Using macrophage Tet2 knockout mice (Lyz2-cre+;Tet2fl/fl, herein called Tet2M−/− ) (Supplementary Fig. 4c–e), we observed that the number of IM in Tet2M−/− mice failed to increase in response to endotoxemia, and they could not be rescued by rRspondin3 i.v. (Extended Data Fig. 8d). Tet2M−/− mice also showed a failure of IM to induce expression of anti-inflammatory markers while markedly increasing expression of pro-inflammatory markers in response to endotoxemia, which could not be rescued by rRspondin3 i.v. (Fig. 6f, Extended Data Fig. 8c). Tet2 deletion in macrophages exacerbated inflammatory lung injury induced by endotoxemia, which was not rescued by rRspondin3 i.v. (Fig. 6g–h). We observed that Tet2 deletion prevented Rspondin3-induced DNA hydroxymethylation in macrophages (Fig. 6c–e, Extended Data Fig. 8a–b). We also observed β-catenin translocated to the nucleus of macrophages and markedly increased nuclear TET2/β-catenin interaction as revealed by proximity ligation assays (Extended Data Fig. 6e–f). Therefore, in addition to the role of α-ketoglutarate serving as the co-factor for TET2, direct nuclear β-catenin/TET2 interaction may contribute to epigenetic reprogramming. These data demonstrated Rspondin3 epigenetically reprogrammed macrophages through TET2-catalyzed DNA hydroxymethylation as a consequence of enhanced glutamine metabolism, which provided α-ketoglutarate as the necessary cofactor mediating macrophage phenotype transition.

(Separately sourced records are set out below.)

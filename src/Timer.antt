-- ===== src/Timer.antt =====
-- Cron expressions and their next time (timer/cronexpr.go), and the dispatcher of timers
-- (timer/timer.go).
pub mod Word
pub mod Text
pub mod Cron
pub mod Clock
pub mod Next
pub mod Dispatcher
pub mod Job
pub mod JobStop
mod Tests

Taken together, these results show that TET2, the primary enzyme catalyzing DNA hydroxymethylation with α-ketoglutarate as co-factor, was essential for reprogramming macrophages and thereby prevented inflammatory lung injury through the activation of Rspondin3 induced metabolic-epigenetic programs in macrophages (Extended Data Fig. 8g).
Discussion
The tissue niche is emerging as crucial regulator of the identity, phenotype, and function of resident macrophage populations10, 11, 12, 29. Recent studies have identified metabolic shifts, epigenetic modifications and activation of specific transcriptional programs as key mediators of macrophage reprogramming and phenotype switch1, 7, 8, 25, 30, 31. Here, we demonstrated that endothelial cells are essential in driving the generation of a population of lung IM with potent tissue reparative and anti-inflammatory functions during inflammatory injury. The endothelium releases the Wnt signaling activator Rspondin3 that acts as a key angiocrine signal mediating the reprogramming of IM. This transition is the result of metabolic-epigenetic reprogramming fueled by the activation of glutamine metabolism and generation of the metabolite α-ketoglutarate, a requisite co-factor in TET2-mediated DNA hydroxymethylation32. Thus, Rspondin3 generated by endothelial cells orchestrates both metabolic and epigenetic programs to promote lung interstitial macrophage transition towards an anti-inflammatory phenotype and thus promote resolution of inflammation and tissue repair as adaptive mechanisms during inflammatory injury.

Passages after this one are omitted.